**RECORDS FOR PROCESSING**:
◆ ◆ ◆
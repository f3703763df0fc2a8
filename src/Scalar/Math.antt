-- ===== src/Scalar/Math.antt =====
-- The integer functions of src/math.rs. A loop is a function of its own over its variables; a loop
-- that does not walk a range takes fuel, and Math.Gcd, Math.Isqrt and Math.Pow show that the fuel given here is enough.
pub mod Gcd
pub mod Isqrt
pub mod Pow
use mux_runtime.Common.{
  ℕ, zero, suc, ◌+◌, ◌-◌, ◌*◌, ◌/◌, ◌%◌, ◌^◌, Bool, ◌&&◌, ◌||◌, ◌==◌, if◌then◌else◌, Result, ok,
  err, leb, ltb, min, Option, none, some,
}
use mux_runtime.Common.Int.{
  ℤ, pos, negsuc, abs_ℕ, of_u64, to_u64, eqb_ℤ, leb_ℤ, ltb_ℤ, i64_max, wrap_i64, ◌*ℤ◌,
}

-- `gcd_unsigned`: the loop `while b != 0`
unfoldable pub gcd_unsigned : ℕ → ℕ → ℕ → Option ℕ
gcd_unsigned zero a b = none
gcd_unsigned (suc fuel) a b =
    let rest = gcd_unsigned fuel b (a % b) in if b == 0 then some a else rest

abbrev pub or_zero : Option ℕ → ℕ
or_zero none = 0
or_zero (some n) = n

abbrev pub u64_gcd : ℕ → ℕ → ℕ
u64_gcd a b = or_zero (gcd_unsigned (suc b) a b)

-- `mux_math_gcd`
unfoldable pub gcd : ℤ → ℤ → ℤ
gcd a b = let ua = u64_gcd (abs_ℕ a) (abs_ℕ b) in if leb (2 ^ 63) ua then i64_max else pos ua

-- `mux_math_lcm`; the product of two `u64` values fits a `u128`
unfoldable pub lcm : ℤ → ℤ → ℤ
lcm a b =
    let g = u64_gcd (abs_ℕ a) (abs_ℕ b) in
    let product = abs_ℕ a / g * abs_ℕ b in
    if eqb_ℤ a (pos 0) || eqb_ℤ b (pos 0)
    then pos 0
    else if leb (2 ^ 63) product
    then i64_max
    else pos product

-- the loop of `mux_math_isqrt`; `low` and `high` stay between 0 and 2^32
unfoldable pub isqrt_loop : ℕ → ℕ → ℕ → ℕ → ℕ → Option ℕ
isqrt_loop zero value low high answer = none
isqrt_loop (suc fuel) value low high answer =
    let middle = low + (high - low) / 2 in
    let up = isqrt_loop fuel value (middle + 1) high middle in
    let down = isqrt_loop fuel value low (middle - 1) answer in
    if leb low high then if leb middle (value / middle) then up else down else some answer

-- `mux_math_isqrt`
unfoldable pub isqrt : ℤ → ℤ
isqrt (negsuc n) = pos 0
isqrt (pos value) =
    if value == 0 then pos 0 else pos (or_zero (isqrt_loop 33 value 1 (min value 3_037_000_499) 0))

-- the loop of `mux_int_pow`, on the bits of the two `i64` factors
unfoldable pub pow_loop : ℕ → ℕ → ℕ → ℕ → Option ℕ
pow_loop zero result b e = none
pow_loop (suc fuel) result b e =
    let odd = pow_loop fuel (result * b % 2 ^ 64) (b * b % 2 ^ 64) (e / 2) in
    let even = pow_loop fuel result (b * b % 2 ^ 64) (e / 2) in
    if e == 0 then some result else if e % 2 == 1 then odd else even

-- `mux_int_pow`
unfoldable pub int_pow : ℤ → ℤ → ℤ
int_pow base (negsuc n) =
    if eqb_ℤ base (pos 1)
    then pos 1
    else if eqb_ℤ base (negsuc 0)
    then (if suc n % 2 == 0 then pos 1 else negsuc 0)
    else pos 0
int_pow base (pos exp) = of_u64 (or_zero (pow_loop 64 1 (to_u64 base) exp))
◆ ◆ ◆
**HOW TO COMPLETE THIS TASK**: What lines in the material above hold the string "even"? List them.

**EXERCISE ANSWER**:
    let even = pow_loop fuel result (b * b % 2 ^ 64) (e / 2) in
    if e == 0 then some result else if e % 2 == 1 then odd else even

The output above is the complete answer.